From Beyond Cellophane and DuBois – The Strength We Need to Survive

The Need for More to Get in the Game

A part of advocacy strengthening is simply encouraging more CharterFolk to get involved and giving them meaningful opportunities to participate.

From How One School Getting in the Game
Kept a Nightmare Out of Congress

Nuts and Bolts

I have gotten several comments from readers this year requesting that I get more specific in my suggestions for people helping to grow advocacy strength.

Personal Connection to the Work

People report liking different things about CharterFolk. While they don’t always have the highest open rates, posts that feature my own personal connection to the work tend to be the ones that people email me the most about.

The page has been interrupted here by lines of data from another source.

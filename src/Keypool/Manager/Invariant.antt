-- ===== src/Keypool/Manager/Invariant.antt =====
-- What holds before a call of `GetKeyForFeature` or `KeyByID` and is kept by each attempt holds after the call.
use keypooler.Base.{
  ℕ, zero, suc, ◌+◌, ◌%◌, ◌≡◌, refl, subst, inl, inr, String, Bool, true, false, Option, none, some,
  List, Option-cases, length, get_elem?, erase_idx,
}
use keypooler.Base.Dict.{Dict}
use keypooler.Keypool.Types.{PoolKey, Consumed}
use keypooler.Keypool.Manager.Find.{Finds, find-Finds}
use keypooler.Keypool.Manager.Draw.{draw-passed, draw-refused}
use keypooler.Keypool.Manager.{
  Manager, Served, attempt, candidates, after_attempt, advance, draw, answer_of,
  get_key_for_feature, find, draw_found, key_by_id,
}

-- Each attempt on a key of the pool keeps `P`, and so does the step of the round-robin counter.
pub record IsKept {ℓ} (P : Manager → Type ℓ) : Type ℓ where
  pub attempted :
      (m : Manager) (feature : String) (p : ℕ) (k : PoolKey) (t u : ℕ)
      → get_elem? m.keys p ≡ some k
      → P m
      → P (after_attempt m p (attempt k feature t u))
  pub advanced : (m : Manager) → P m → P (advance m)

module _ {ℓ} (P : Manager → Type ℓ) (kept : IsKept P) (feature : String) (clock : ℕ → ℕ) where
  module _ (fuel : ℕ) (m : Manager) (n : ℕ) (left : List ℕ) (p : ℕ) (k k' : PoolKey)
      (chosen : get_elem? left (m.next % length left) ≡ some p)
      (held : get_elem? m.keys p ≡ some k) where
    draw_round-kept :
        (o : Option Consumed)
        → attempt k feature (clock n) (clock (n + 1)) ≡ (k', o)
        → P (after_attempt (advance m) p (k', o))
        → P
            (draw fuel
              (after_attempt (advance m) p (k', o))
              feature
              clock
              (n + 2)
              (erase_idx left (m.next % length left))).0
        → P (draw (suc fuel) m feature clock n left).0
    draw_round-kept (some r) e here later =
        rw (draw-passed fuel m feature clock n left p k k' chosen held r e) here
    draw_round-kept none e here later =
        rw (draw-refused fuel m feature clock n left p k k' chosen held e) later

  pub draw-kept :
      (fuel : ℕ) (m : Manager) (n : ℕ) (left : List ℕ)
      → P m
      → P (draw fuel m feature clock n left).0
  unfolding draw
  draw-kept zero m n left h = h
  draw-kept (suc fuel) m n left h = elim (Option-cases (get_elem? left (m.next % length left))) [
    | inl e ↦ rw (e, draw) h
    | inr (p, chosen) ↦ elim (Option-cases (get_elem? m.keys p)) [
      | inl e ↦ rw (chosen, e, draw) (kept.advanced m h)
      | inr (k, held) ↦
          let tried =
            kept.attempted (advance m) feature p k (clock n) (clock (n + 1)) held
              (kept.advanced m h) in
          draw_round-kept fuel m n left p k _ chosen held _ refl tried
            (draw-kept fuel _ (n + 2) _ tried)
    ]
  ]

  answer_of-kept :
      (offered : Bool) (r : Manager × Option Served) → P r.0 → P (answer_of offered r).0
  answer_of-kept offered (m, some s) h = h
  answer_of-kept offered (m, none) h = h

  pub get_key_for_feature-kept :
      (allowed : Option (Dict Bool)) (m : Manager)
      → P m
      → P (get_key_for_feature m feature allowed clock).0
  unfolding get_key_for_feature
  get_key_for_feature-kept allowed m h =
      answer_of-kept _ _
        (draw-kept _ m (length m.keys) (candidates allowed feature clock 0 m.keys).1 h)

  draw_found-kept :
      (offered ready : Bool) (m : Manager) (p : ℕ) (tried : PoolKey × Option Consumed)
      → P m
      → P (after_attempt m p tried)
      → P (draw_found offered ready m p tried).0
  draw_found-kept false ready m p tried h later = h
  draw_found-kept true false m p tried h later = h
  draw_found-kept true true m p tried h later = later

  pub key_by_id-kept :
      (allowed : Option (Dict Bool)) (m : Manager) (id : String)
      → P m
      → P (key_by_id m id feature allowed clock).0
  unfolding key_by_id
  key_by_id-kept allowed m id h = go (find id m.keys) refl
    where
      go :
          (r : Option (ℕ × PoolKey))
          → find id m.keys ≡ r
          → P (key_by_id m id feature allowed clock).0
      go none e = rw (e, key_by_id) h
      go (some (p, k)) e =
          rw (e, key_by_id)
            (draw_found-kept _ _ m p _ h (
              kept.attempted m feature p k (clock 1) (clock 2)
                (subst (Finds id m.keys) e (find-Finds id m.keys)).0 h))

From Education Inequity Shown in the Lives of One Soccer Team

Learnings

If you crank out this amount of content on deadline, you’re bound to make mistakes. I’ve certainly made my share this year:

  • Maybe my favorite mistake led to this post. Just Misspoke, Or Needs to Be Woke? Wallace Responds to Webb.
  • I had a reader rightly challenge me on bad language I used in this CharterFolk X post, which I have since edited.
  • I also had a few readers rightly question my use of the term “shmuckheads.” “Knuckleheads” will be the word of choice for future references to advocates like myself dropping the ball.
  • I don’t report myself to be happy with my design of the Forum. It takes a heck of a lot of people to get folks commenting on threads in order to facilitate discussion. Over the first months of ’21, I intend to convert the Forum into a place where it is easy to access all of the amazing content that is being generated by writers other than myself.
  • Finally, I’ve learned a lot about how to incorporate others’ voices. In November, we saw a drop off in contributions coming from others. That was a function of the fact that I simply got behind in my work and I hadn’t been proactive enough in extending invitations. (You can catch up on your personal writing by doing it at 3 in the morning, but that’s a lousy time to be getting others to contribute.) This year I’m trying to get a content calendar set up far in advance so we will hopefully avoid a period where we are not hearing as frequently from other CharterFolk.

Looking Forward

I am extremely excited about 2021. Some of the things we have to look forward to:

  • Great CharterFolk Chats
    • Diane Tavenner and Pat Brantley in January talking about the need innovate or perish,
    • Darryl Cobb and Charter School Growth Fund Portfolio members talking about the newest trends in growth and the fund’s efforts to support a broader, more diverse base of charter school organizations.
    • Andrew Broy, Starlee Coleman and Myrna Castrejón sharing what we’re learning about charter school advocacy in places where we have more evolved C3/C4 membership organizations.
  • Great Guest Contributors
    • Emilio Pack on the need to develop Latino leadership in the charter school sector.
    • Gina Plate on the latest in national advocacy efforts related to special education and charter schools.
    • Senator Mary Landrieu on what we have learned from the charter school experience in Louisiana.
    • Greg Richmond reflecting after having had a year to gain perspective since leaving NACSA.
    • Sonya Park on the messages we need to provide to charter school parents who are accosted for their support of charter schools.
    • Tom Castro on what has been learned in Texas as the state association has evolved into a C3/C4 tandem.
    • Laura McGowan-Robinson on what we are learning actually works in terms of recruiting and retaining more diverse leadership in charter schools.
    • Ben Austin encouraging us to coalesce around the idea that students should have a constitutional right to a high quality public education.
    • Trish Williams sharing her observations having served as a member of the California State Board of Education.

Plus, I’ll plan on continuing to crank out whatever I can in between others’ posts. Hope to see you here. Thank you again for all your support.